▶ _Assignment_: Repeat the data below in full and exactly.

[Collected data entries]
>>
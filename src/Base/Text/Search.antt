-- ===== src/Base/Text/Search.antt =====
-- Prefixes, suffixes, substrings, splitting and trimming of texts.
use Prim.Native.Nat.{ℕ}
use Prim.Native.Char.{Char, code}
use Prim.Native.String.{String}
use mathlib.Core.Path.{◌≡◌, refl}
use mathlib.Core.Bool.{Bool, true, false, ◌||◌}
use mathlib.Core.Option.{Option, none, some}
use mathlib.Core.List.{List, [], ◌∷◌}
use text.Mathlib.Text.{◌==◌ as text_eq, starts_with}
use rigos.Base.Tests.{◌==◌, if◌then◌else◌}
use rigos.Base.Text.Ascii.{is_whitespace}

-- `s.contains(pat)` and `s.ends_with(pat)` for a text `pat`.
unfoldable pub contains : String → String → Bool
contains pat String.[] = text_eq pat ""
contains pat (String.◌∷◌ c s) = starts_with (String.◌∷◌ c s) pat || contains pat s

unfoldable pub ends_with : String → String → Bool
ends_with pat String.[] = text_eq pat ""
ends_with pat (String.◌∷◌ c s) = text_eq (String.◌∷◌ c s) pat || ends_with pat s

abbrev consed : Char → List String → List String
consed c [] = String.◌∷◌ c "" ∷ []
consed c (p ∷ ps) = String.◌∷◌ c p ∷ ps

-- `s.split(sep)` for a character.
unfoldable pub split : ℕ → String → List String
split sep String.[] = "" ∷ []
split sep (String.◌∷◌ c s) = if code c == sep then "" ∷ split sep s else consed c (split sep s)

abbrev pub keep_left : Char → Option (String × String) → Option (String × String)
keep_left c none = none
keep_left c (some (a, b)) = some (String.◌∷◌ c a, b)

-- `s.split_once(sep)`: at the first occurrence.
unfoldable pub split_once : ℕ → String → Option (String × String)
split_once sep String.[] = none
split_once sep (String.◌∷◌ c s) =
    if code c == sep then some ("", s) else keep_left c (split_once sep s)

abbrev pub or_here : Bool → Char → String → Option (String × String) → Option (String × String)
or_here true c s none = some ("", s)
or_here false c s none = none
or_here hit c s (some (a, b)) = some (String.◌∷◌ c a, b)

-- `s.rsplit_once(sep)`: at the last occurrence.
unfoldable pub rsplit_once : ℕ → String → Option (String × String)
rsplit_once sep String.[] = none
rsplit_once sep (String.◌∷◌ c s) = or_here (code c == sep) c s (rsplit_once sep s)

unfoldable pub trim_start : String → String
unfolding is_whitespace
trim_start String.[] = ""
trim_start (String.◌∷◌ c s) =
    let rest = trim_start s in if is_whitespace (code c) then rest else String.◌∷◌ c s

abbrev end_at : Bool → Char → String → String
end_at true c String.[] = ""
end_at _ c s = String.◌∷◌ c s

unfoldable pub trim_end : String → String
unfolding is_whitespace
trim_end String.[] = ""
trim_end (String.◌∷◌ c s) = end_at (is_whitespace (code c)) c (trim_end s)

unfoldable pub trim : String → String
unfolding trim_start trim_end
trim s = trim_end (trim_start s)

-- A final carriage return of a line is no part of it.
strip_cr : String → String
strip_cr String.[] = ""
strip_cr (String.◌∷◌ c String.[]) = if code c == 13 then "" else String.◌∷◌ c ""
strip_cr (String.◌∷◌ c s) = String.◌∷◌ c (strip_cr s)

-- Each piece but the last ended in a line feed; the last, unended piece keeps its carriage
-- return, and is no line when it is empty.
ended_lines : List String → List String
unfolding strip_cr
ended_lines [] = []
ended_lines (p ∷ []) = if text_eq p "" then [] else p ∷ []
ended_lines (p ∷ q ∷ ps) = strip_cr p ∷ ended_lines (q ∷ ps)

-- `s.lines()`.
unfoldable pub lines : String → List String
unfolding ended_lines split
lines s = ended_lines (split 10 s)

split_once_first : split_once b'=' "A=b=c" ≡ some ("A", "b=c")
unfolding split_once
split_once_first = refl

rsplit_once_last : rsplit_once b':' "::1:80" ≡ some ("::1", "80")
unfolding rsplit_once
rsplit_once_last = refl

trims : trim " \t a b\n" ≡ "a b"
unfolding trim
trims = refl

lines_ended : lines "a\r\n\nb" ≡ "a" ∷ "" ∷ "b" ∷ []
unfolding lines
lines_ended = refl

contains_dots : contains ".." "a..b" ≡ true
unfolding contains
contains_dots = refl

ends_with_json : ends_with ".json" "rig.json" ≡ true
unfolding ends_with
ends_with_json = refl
<<
▶ _Your response_:
filename src/Base/Text/Search.antt
-- ===== src/Base/Text/Search.antt =====
-- Prefixes, suffixes, substrings, splitting and trimming of texts.
use Prim.Native.Nat.{ℕ}
use Prim.Native.Char.{Char, code}
use Prim.Native.String.{String}
use mathlib.Core.Path.{◌≡◌, refl}
use mathlib.Core.Bool.{Bool, true, false, ◌||◌}
use mathlib.Core.Option.{Option, none, some}
use mathlib.Core.List.{List, [], ◌∷◌}
use text.Mathlib.Text.{◌==◌ as text_eq, starts_with}
use rigos.Base.Tests.{◌==◌, if◌then◌else◌}
use rigos.Base.Text.Ascii.{is_whitespace}

-- `s.contains(pat)` and `s.ends_with(pat)` for a text `pat`.
unfoldable pub contains : String → String → Bool
contains pat String.[] = text_eq pat ""
contains pat (String.◌∷◌ c s) = starts_with (String.◌∷◌ c s) pat || contains pat s

unfoldable pub ends_with : String → String → Bool
ends_with pat String.[] = text_eq pat ""
ends_with pat (String.◌∷◌ c s) = text_eq (String.◌∷◌ c s) pat || ends_with pat s

abbrev consed : Char → List String → List String
consed c [] = String.◌∷◌ c "" ∷ []
consed c (p ∷ ps) = String.◌∷◌ c p ∷ ps

-- `s.split(sep)` for a character.
unfoldable pub split : ℕ → String → List String
split sep String.[] = "" ∷ []
split sep (String.◌∷◌ c s) = if code c == sep then "" ∷ split sep s else consed c (split sep s)

abbrev pub keep_left : Char → Option (String × String) → Option (String × String)
keep_left c none = none
keep_left c (some (a, b)) = some (String.◌∷◌ c a, b)

-- `s.split_once(sep)`: at the first occurrence.
unfoldable pub split_once : ℕ → String → Option (String × String)
split_once sep String.[] = none
split_once sep (String.◌∷◌ c s) =
    if code c == sep then some ("", s) else keep_left c (split_once sep s)

abbrev pub or_here : Bool → Char → String → Option (String × String) → Option (String × String)
or_here true c s none = some ("", s)
or_here false c s none = none
or_here hit c s (some (a, b)) = some (String.◌∷◌ c a, b)

-- `s.rsplit_once(sep)`: at the last occurrence.
unfoldable pub rsplit_once : ℕ → String → Option (String × String)
rsplit_once sep String.[] = none
rsplit_once sep (String.◌∷◌ c s) = or_here (code c == sep) c s (rsplit_once sep s)

unfoldable pub trim_start : String → String
unfolding is_whitespace
trim_start String.[] = ""
trim_start (String.◌∷◌ c s) =
    let rest = trim_start s in if is_whitespace (code c) then rest else String.◌∷◌ c s

abbrev end_at : Bool → Char → String → String
end_at true c String.[] = ""
end_at _ c s = String.◌∷◌ c s

unfoldable pub trim_end : String → String
unfolding is_whitespace
trim_end String.[] = ""
trim_end (String.◌∷◌ c s) = end_at (is_whitespace (code c)) c (trim_end s)

unfoldable pub trim : String → String
unfolding trim_start trim_end
trim s = trim_end (trim_start s)

-- A final carriage return of a line is no part of it.
strip_cr : String → String
strip_cr String.[] = ""
strip_cr (String.◌∷◌ c String.[]) = if code c == 13 then "" else String.◌∷◌ c ""
strip_cr (String.◌∷◌ c s) = String.◌∷◌ c (strip_cr s)

-- Each piece but the last ended in a line feed; the last, unended piece keeps its carriage
-- return, and is no line when it is empty.
ended_lines : List String → List String
unfolding strip_cr
ended_lines [] = []
ended_lines (p ∷ []) = if text_eq p "" then [] else p ∷ []
ended_lines (p ∷ q ∷ ps) = strip_cr p ∷ ended_lines (q ∷ ps)

-- `s.lines()`.
unfoldable pub lines : String → List String
unfolding ended_lines split
lines s = ended_lines (split 10 s)

split_once_first : split_once b'=' "A=b=c" ≡ some ("A", "b=c")
unfolding split_once
split_once_first = refl

rsplit_once_last : rsplit_once b':' "::1:80" ≡ some ("::1", "80")
unfolding rsplit_once
rsplit_once_last = refl

trims : trim " \t a b\n" ≡ "a b"
unfolding trim
trims = refl

lines_ended : lines "a\r\n\nb" ≡ "a" ∷ "" ∷ "b" ∷ []
unfolding lines
lines_ended = refl

contains_dots : contains ".." "a..b" ≡ true
unfolding contains
contains_dots = refl

ends_with_json : ends_with ".json" "rig.json" ≡ true
unfolding ends_with
ends_with_json = refl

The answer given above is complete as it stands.